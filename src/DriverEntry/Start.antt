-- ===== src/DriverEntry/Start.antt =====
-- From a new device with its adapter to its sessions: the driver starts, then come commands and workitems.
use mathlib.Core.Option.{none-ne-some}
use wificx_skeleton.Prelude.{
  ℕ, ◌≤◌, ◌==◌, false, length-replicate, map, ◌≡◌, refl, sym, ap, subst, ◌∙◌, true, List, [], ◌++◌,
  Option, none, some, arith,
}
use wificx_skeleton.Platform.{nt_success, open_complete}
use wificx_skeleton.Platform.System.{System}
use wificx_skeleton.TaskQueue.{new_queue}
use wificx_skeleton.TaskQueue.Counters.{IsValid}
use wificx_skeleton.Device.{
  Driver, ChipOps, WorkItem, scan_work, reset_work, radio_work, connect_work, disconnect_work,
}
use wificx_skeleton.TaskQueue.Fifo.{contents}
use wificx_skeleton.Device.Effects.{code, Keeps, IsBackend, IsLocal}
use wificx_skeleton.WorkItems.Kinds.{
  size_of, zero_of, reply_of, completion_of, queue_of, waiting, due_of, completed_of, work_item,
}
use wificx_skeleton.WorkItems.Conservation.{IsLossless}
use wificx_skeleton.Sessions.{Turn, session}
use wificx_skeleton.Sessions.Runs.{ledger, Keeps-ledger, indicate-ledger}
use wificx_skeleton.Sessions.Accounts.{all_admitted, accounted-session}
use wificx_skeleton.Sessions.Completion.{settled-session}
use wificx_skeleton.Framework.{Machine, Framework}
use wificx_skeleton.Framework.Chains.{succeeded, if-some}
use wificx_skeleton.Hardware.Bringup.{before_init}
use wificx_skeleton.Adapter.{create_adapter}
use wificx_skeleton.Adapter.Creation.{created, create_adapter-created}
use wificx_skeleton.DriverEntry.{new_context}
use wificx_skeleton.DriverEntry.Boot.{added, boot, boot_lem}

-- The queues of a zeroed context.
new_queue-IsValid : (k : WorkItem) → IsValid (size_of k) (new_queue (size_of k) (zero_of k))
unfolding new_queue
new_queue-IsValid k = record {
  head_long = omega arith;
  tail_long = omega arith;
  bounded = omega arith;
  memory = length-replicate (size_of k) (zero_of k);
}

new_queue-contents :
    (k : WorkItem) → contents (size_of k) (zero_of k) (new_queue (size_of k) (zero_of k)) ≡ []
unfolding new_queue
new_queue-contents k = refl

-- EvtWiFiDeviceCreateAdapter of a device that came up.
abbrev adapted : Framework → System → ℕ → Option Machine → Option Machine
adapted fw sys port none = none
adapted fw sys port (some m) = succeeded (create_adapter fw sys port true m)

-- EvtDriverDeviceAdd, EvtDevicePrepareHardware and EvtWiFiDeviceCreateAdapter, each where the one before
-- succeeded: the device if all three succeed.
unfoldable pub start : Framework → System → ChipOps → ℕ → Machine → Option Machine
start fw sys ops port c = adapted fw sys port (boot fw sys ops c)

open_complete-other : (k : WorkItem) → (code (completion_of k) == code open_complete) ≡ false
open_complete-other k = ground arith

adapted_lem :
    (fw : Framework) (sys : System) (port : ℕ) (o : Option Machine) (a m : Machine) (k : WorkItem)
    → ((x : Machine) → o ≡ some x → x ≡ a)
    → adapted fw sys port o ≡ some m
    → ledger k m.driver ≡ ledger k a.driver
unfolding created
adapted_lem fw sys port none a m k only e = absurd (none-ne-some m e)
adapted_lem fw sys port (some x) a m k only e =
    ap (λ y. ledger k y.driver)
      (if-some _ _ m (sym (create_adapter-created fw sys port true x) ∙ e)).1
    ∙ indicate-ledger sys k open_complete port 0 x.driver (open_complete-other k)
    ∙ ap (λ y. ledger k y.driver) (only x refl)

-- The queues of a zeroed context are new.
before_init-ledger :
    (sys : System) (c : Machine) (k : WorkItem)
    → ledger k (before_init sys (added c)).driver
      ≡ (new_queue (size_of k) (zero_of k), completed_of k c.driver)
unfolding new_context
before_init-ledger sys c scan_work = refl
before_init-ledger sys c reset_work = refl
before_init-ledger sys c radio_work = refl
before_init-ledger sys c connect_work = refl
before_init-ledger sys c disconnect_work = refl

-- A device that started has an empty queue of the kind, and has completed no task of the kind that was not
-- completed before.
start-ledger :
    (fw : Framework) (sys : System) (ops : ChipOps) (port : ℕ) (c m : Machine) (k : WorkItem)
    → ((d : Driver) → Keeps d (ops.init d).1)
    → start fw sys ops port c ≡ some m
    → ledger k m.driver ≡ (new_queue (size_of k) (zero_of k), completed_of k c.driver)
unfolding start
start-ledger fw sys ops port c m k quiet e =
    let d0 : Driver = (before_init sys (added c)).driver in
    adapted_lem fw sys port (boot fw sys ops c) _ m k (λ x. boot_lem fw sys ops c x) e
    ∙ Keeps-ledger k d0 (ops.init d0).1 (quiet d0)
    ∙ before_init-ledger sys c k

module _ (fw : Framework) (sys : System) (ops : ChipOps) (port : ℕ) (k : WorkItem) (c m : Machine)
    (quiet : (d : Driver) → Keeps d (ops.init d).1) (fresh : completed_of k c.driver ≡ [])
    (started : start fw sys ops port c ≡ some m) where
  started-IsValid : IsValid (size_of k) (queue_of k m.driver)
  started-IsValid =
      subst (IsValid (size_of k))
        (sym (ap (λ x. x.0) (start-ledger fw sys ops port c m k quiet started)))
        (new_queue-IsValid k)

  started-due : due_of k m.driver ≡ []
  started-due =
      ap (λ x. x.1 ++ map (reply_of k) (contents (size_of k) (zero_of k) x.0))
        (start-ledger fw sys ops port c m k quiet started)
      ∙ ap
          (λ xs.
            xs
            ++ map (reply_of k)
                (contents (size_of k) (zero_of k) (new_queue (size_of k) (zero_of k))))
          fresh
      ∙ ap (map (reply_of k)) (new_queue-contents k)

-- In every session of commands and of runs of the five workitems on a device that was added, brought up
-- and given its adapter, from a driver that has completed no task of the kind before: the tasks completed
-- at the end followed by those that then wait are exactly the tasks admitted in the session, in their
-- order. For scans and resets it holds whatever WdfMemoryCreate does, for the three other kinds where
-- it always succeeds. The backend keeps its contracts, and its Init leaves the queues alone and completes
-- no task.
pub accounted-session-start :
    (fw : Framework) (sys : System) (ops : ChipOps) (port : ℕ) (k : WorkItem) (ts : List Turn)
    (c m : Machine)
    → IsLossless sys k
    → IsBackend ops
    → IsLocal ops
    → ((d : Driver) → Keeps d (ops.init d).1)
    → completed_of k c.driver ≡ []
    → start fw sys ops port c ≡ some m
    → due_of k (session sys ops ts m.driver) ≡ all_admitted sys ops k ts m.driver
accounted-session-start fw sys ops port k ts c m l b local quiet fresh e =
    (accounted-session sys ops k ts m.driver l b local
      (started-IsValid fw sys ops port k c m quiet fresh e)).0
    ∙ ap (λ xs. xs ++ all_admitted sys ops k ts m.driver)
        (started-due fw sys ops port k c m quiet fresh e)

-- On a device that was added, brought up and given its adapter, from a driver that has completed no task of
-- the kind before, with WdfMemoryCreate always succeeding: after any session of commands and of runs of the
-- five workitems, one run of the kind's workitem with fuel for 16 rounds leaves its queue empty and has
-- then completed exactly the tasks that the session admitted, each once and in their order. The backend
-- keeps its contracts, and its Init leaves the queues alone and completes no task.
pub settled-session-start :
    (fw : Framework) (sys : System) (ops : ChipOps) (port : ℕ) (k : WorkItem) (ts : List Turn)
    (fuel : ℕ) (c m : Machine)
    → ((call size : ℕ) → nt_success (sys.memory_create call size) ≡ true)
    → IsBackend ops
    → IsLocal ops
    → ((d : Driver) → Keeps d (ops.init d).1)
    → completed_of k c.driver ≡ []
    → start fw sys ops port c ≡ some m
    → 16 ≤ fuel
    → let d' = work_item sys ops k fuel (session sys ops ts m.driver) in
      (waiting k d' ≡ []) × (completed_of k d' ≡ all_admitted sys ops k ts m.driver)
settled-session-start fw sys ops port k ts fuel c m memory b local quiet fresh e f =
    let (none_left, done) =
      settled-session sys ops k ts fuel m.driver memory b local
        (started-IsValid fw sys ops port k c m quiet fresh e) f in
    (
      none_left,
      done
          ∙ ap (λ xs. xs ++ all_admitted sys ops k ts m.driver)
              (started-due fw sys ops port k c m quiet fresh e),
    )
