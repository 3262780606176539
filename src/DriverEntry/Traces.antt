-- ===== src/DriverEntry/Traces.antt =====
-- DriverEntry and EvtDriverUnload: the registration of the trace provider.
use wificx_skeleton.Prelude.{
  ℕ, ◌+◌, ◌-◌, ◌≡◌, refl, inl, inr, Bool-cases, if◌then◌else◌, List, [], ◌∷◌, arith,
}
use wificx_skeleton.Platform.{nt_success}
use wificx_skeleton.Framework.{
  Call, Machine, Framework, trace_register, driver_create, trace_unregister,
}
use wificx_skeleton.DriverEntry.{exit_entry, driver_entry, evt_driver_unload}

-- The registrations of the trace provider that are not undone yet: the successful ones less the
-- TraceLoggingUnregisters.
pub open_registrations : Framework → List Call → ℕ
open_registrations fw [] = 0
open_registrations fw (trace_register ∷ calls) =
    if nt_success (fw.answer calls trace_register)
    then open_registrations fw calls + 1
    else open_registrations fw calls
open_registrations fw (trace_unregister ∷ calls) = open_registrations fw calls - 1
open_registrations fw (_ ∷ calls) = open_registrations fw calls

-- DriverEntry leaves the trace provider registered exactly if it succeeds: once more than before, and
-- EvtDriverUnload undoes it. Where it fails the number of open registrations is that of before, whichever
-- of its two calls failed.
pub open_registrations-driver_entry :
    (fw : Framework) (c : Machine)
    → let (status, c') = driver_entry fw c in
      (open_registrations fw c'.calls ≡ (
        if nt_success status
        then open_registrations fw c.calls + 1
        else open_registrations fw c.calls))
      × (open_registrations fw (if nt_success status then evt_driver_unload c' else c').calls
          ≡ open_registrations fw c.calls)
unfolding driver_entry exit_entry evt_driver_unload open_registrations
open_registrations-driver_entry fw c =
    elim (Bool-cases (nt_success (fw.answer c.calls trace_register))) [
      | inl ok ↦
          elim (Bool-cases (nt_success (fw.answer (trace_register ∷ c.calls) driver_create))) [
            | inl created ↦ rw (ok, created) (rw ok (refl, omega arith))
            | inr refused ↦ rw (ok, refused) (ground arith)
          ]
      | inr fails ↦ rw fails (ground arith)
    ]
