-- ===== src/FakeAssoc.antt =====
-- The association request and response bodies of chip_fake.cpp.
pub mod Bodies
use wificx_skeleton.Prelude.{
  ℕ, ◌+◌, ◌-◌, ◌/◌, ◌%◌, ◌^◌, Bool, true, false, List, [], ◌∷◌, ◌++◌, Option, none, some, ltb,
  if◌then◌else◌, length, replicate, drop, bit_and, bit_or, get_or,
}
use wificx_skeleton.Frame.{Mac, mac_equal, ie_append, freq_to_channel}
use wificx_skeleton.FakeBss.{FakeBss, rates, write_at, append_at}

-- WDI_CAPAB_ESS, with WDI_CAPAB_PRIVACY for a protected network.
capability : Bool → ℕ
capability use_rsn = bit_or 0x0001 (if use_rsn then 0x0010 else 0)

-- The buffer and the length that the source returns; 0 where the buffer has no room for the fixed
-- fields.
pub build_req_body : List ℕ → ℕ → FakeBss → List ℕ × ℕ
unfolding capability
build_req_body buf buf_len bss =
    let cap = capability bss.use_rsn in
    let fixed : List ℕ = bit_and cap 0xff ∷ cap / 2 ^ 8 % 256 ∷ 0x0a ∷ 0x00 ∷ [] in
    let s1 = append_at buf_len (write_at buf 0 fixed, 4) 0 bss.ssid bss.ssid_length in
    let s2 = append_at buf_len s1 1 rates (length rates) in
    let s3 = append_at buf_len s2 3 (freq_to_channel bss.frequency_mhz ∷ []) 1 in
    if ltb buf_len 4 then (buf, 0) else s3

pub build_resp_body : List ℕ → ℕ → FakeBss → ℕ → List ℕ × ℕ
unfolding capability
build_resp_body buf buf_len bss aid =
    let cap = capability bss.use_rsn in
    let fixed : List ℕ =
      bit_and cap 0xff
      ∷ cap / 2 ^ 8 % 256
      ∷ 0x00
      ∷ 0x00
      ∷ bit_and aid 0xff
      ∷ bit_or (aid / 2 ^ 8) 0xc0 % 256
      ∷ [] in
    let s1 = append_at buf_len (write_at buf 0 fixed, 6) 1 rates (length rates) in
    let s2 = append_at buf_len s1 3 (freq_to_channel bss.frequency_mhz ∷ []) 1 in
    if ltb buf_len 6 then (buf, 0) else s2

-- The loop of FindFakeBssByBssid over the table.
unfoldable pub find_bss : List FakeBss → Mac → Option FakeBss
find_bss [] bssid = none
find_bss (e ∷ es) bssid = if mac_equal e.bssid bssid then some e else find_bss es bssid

::::::::

-- TO DO --
Return exactly, and only, the lines above starting at the line that contains "start-ledger fw sys ops port c m k quiet e" and ending at the line that contains "-- and given".

-- YOUR SOLUTION --
start-ledger fw sys ops port c m k quiet e =
    let d0 : Driver = (before_init sys (added c)).driver in
    adapted_lem fw sys port (boot fw sys ops c) _ m k (λ x. boot_lem fw sys ops c x) e
    ∙ Keeps-ledger k d0 (ops.init d0).1 (quiet d0)
    ∙ before_init-ledger sys c k

module _ (fw : Framework) (sys : System) (ops : ChipOps) (port : ℕ) (k : WorkItem) (c m : Machine)
    (quiet : (d : Driver) → Keeps d (ops.init d).1) (fresh : completed_of k c.driver ≡ [])
    (started : start fw sys ops port c ≡ some m) where
  started-IsValid : IsValid (size_of k) (queue_of k m.driver)
  started-IsValid =
      subst (IsValid (size_of k))
        (sym (ap (λ x. x.0) (start-ledger fw sys ops port c m k quiet started)))
        (new_queue-IsValid k)

  started-due : due_of k m.driver ≡ []
  started-due =
      ap (λ x. x.1 ++ map (reply_of k) (contents (size_of k) (zero_of k) x.0))
        (start-ledger fw sys ops port c m k quiet started)
      ∙ ap
          (λ xs.
            xs
            ++ map (reply_of k)
                (contents (size_of k) (zero_of k) (new_queue (size_of k) (zero_of k))))
          fresh
      ∙ ap (map (reply_of k)) (new_queue-contents k)

-- In every session of commands and of runs of the five workitems on a device that was added, brought up
-- and given its adapter, from a driver that has completed no task of the kind before: the tasks completed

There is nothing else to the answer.